Yea but when you checked the resolution u said you were in game but for some games you can't do that some you have to edit them at the menu because for some you can't change them while your playing the game some you even have to use a separate application
So try to edit them right when u start the game not after u started playing


----------



## Bama Hound (Jul 6, 2011)

Even at the start of the game the video options were greyed out. I deleated the character I was playing and created a new one and the video options were available again. I think the snag might be playing the game on the tv not the computer monitor.
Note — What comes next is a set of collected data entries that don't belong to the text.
-- ===== src/Filter/Slices.antt =====
-- The events that the filter passes, described by slices of the stream.
use tracey_mctraceface.Base.{
  ℕ, zero, suc, ◌≤◌, ◌≡◌, refl, sym, ap, ◌∙◌, Bool, true, false, List, [], ◌∷◌, ◌++◌, append-nil,
  Bytes, is_empty, if◌then◌else◌, length, arith, Bool-cases, inl, inr,
}
use tracey_mctraceface.Event.{Event}
use tracey_mctraceface.Filter.{Config, waiting, recording, done, TraceFilter, init, filter_all}
use tracey_mctraceface.Filter.Steps.{
  filter, marks_symbol, should_pass-recording, should_pass-waiting, should_pass-done,
}

abbrev pub skip_to : (Event → Bool) → List Event → List Event
skip_to p [] = []
skip_to p (e ∷ es) = if p e then e ∷ es else skip_to p es

-- The stream up to the first event that `p` holds of, and with it, and the rest.
abbrev pub through : (Event → Bool) → List Event → List Event
through p [] = []
through p (e ∷ es) = e ∷ (if p e then [] else through p es)

abbrev pub behind : (Event → Bool) → List Event → List Event
behind p [] = []
behind p (e ∷ es) = if p e then es else behind p es

-- The slices one after another: each from an event of the start symbol, through the next event of the
-- end symbol behind that; where `multi` is false, only the first.
abbrev pub slices : ℕ → Bytes → Bytes → Bool → List Event → List Event
slices zero start end multi es = []
slices (suc n) start end multi es = elim (skip_to (marks_symbol start) es) [
  | [] ↦ []
  | e ∷ rest ↦
      e ∷ through (marks_symbol end) rest
      ++ (if multi then slices n start end multi (behind (marks_symbol end) rest) else [])
]

abbrev pub expected : Config → List Event → List Event
expected c es =
    if is_empty c.start_symbol
    then (if c.multi_slice then es else through (marks_symbol c.end_symbol) es)
    else slices (length es) c.start_symbol c.end_symbol c.multi_slice es

abbrev kept : TraceFilter → List Event → List Event
kept f es = (filter_all f es).1

module _ (start end : Bytes) where
  kept-done :
      (m : Bool) (n : ℕ) (b : Bool) (es : List Event) → kept (filter start end m done n b) es ≡ []
  unfolding filter_all
  kept-done m n b [] = refl
  kept-done m n b (e ∷ es) = rw (should_pass-done start end m n b e) (kept-done m n b es)

  -- Without a start symbol, and slice after slice, nothing is dropped.
  kept-unbounded :
      (n : ℕ) (b : Bool) (es : List Event)
      → is_empty start ≡ true
      → kept (filter start end true recording n b) es ≡ es
  unfolding filter_all
  kept-unbounded n b [] s = refl
  kept-unbounded n b (e ∷ es) s = elim (Bool-cases (marks_symbol end e)) [
    | inl ends ↦
        rw (should_pass-recording start end true n b e, ends, s)
          (ap (◌∷◌ e) (kept-unbounded (suc n) b es s))
    | inr goes ↦
        rw (should_pass-recording start end true n b e, goes) (ap (◌∷◌ e) (kept-unbounded n b es s))
  ]

  abbrev Waits : Bool → ℕ → Type 0
  Waits multi m =
      (n : ℕ) (b : Bool) (es : List Event)
      → length es ≤ m
      → kept (filter start end multi waiting n b) es ≡ slices m start end multi es

  -- A slice that has begun goes on through its end.
  kept-single :
      (n : ℕ) (b : Bool) (es : List Event)
      → kept (filter start end false recording n b) es ≡ through (marks_symbol end) es
  unfolding filter_all
  kept-single n b [] = refl
  kept-single n b (e ∷ es) = elim (Bool-cases (marks_symbol end e)) [
    | inl ends ↦
        rw (should_pass-recording start end false n b e, ends)
          (ap (◌∷◌ e) (kept-done false (suc n) b es))
    | inr goes ↦
        rw (should_pass-recording start end false n b e, goes) (ap (◌∷◌ e) (kept-single n b es))
  ]

  kept-multi :
      (m n : ℕ) (b : Bool) (es : List Event)
      → is_empty start ≡ false
      → Waits true m
      → length es ≤ m
      → kept (filter start end true recording n b) es
        ≡ through (marks_symbol end) es ++ slices m start end true (behind (marks_symbol end) es)
  unfolding filter_all
  kept-multi m n b [] s waits short = waits n b [] short
  kept-multi m n b (e ∷ es) s waits short = elim (Bool-cases (marks_symbol end e)) [
    | inl ends ↦
        rw (should_pass-recording start end true n b e, ends, s)
          (ap (◌∷◌ e) (waits (suc n) b es (omega (arith, short))))
    | inr goes ↦
        rw (should_pass-recording start end true n b e, goes)
          (ap (◌∷◌ e) (kept-multi m n b es s waits (omega (arith, short))))
  ]

  kept-recording :
      (multi : Bool) (m n : ℕ) (b : Bool) (es : List Event)
      → is_empty start ≡ false
      → Waits multi m
      → length es ≤ m
      → kept (filter start end multi recording n b) es
        ≡ through (marks_symbol end) es
          ++ (if multi then slices m start end multi (behind (marks_symbol end) es) else [])
  kept-recording true m n b es s waits short = kept-multi m n b es s waits short
  kept-recording false m n b es s waits short = kept-single n b es ∙ sym (append-nil _)

  slices-start :
      (multi : Bool) (m : ℕ) (e : Event) (es : List Event)
      → marks_symbol start e ≡ true
      → slices (suc m) start end multi (e ∷ es)
        ≡ e ∷ through (marks_symbol end) es
          ++ (if multi then slices m start end multi (behind (marks_symbol end) es) else [])
  slices-start multi m e es starts = rw (slices, starts) refl

  slices-skip :
      (multi : Bool) (m : ℕ) (e : Event) (es : List Event)
      → marks_symbol start e ≡ false
      → slices (suc m) start end multi (e ∷ es) ≡ slices (suc m) start end multi es
  slices-skip multi m e es other = rw (slices, other) refl

  kept-waiting : (multi : Bool) (m : ℕ) → is_empty start ≡ false → Waits multi m
  unfolding filter_all
  kept-waiting multi zero s n b [] short = refl
  kept-waiting multi zero s n b (e ∷ es) short = absurd (omega (arith, short))
  kept-waiting multi (suc m) s n b [] short = refl
  kept-waiting multi (suc m) s n b (e ∷ es) short = elim (Bool-cases (marks_symbol start e)) [
    | inl starts ↦
        rw (should_pass-waiting start end multi n b e, starts)
          (ap (◌∷◌ e)
            (kept-recording multi m n true es s (kept-waiting multi m s) (omega (arith, short))))
        ∙ sym (slices-start multi m e es starts)
    | inr goes ↦
        rw (should_pass-waiting start end multi n b e, goes)
          (kept-waiting multi (suc m) s n b es (omega (arith, short)))
        ∙ sym (slices-skip multi m e es goes)
  ]

-- Over any stream of events, the filter passes exactly the expected ones. With a start symbol: the
-- first event of that symbol and all behind it through the next event of the end symbol, and, where
-- several slices are wanted, the same again from the rest. Without one: everything through the first
-- event of the end symbol, or everything where several slices are wanted.
pub filter_all-slices : (c : Config) (es : List Event) → (filter_all (init c) es).1 ≡ expected c es
unfolding init
filter_all-slices c es = go c.start_symbol c.end_symbol c.multi_slice es
  where
    go :
        (start end : Bytes) (multi : Bool) (es : List Event)
        → let c : Config = record { start_symbol = start; end_symbol = end; multi_slice = multi } in
          kept (init c) es ≡ expected c es
    go [] end true es = kept-unbounded [] end 0 false es refl
    go [] end false es = kept-single [] end 0 false es
    go (x ∷ start) end multi es =
        kept-waiting (x ∷ start) end multi (length es) refl 0 false es (omega arith)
If I play on computer monitor it plays O. K. Might be the graphics card is O.K. on computer monitor but can't make the stretch to big screen. I probably need to look at another GPU. Thanks


----------



## shadowmaker1001 (Jul 9, 2011)

Your welcome


----------



## Bama Hound (Jul 6, 2011)

I changed my res on in my settings to use 16 bit color for the tv and the game plays O. K. I leave the settings higher for the computer monitor. One of those deals where you have to make a judgement call for quality or quantity. Me I love a big screen.


----------



## shadowmaker1001 (Jul 9, 2011)

That's great but for me haha I'd much rather play on a tiny screen and get the best graphical experience of a lifetime but u know it's more preference


----------



## Bama Hound (Jul 6, 2011)

I loaded and played on big screen for a while but it froze after a made a few quick moves with my character. Ordered a HIS Radeon HD 4670 Ice Q 1 GB Dual DL-DVI PCI Express 2X16 card from Amazon. Had good reviews, I will let everybody know how it works out. Probably could get more card but since this computer is so old it would be like putting a 4 bbl. carburetor on a Volkswagen.


----------



## shadowmaker1001 (Jul 9, 2011)

I have an ati radeon 5670 which plays pretty well can play all crisis games including number 2 on all extreemely high setting no lag I love it haha the one u get will play even some modern games with high setting it's pretty much the same as mine except mine has dx11 support so u can play most super modern games that still use dx10 or can be switched to dx10

Happy gaming!


----------



## Bama Hound (Jul 6, 2011)

The new video card fixed all evils with the Sniper Ghost Warrior. Running all effects on highest settings. It should be noted that the "Can I Run This" program was showing green bars all the way so heads up on that.


----------



## shadowmaker1001 (Jul 9, 2011)

I decided I might get sniper ghost warily myself looks pretty good


----------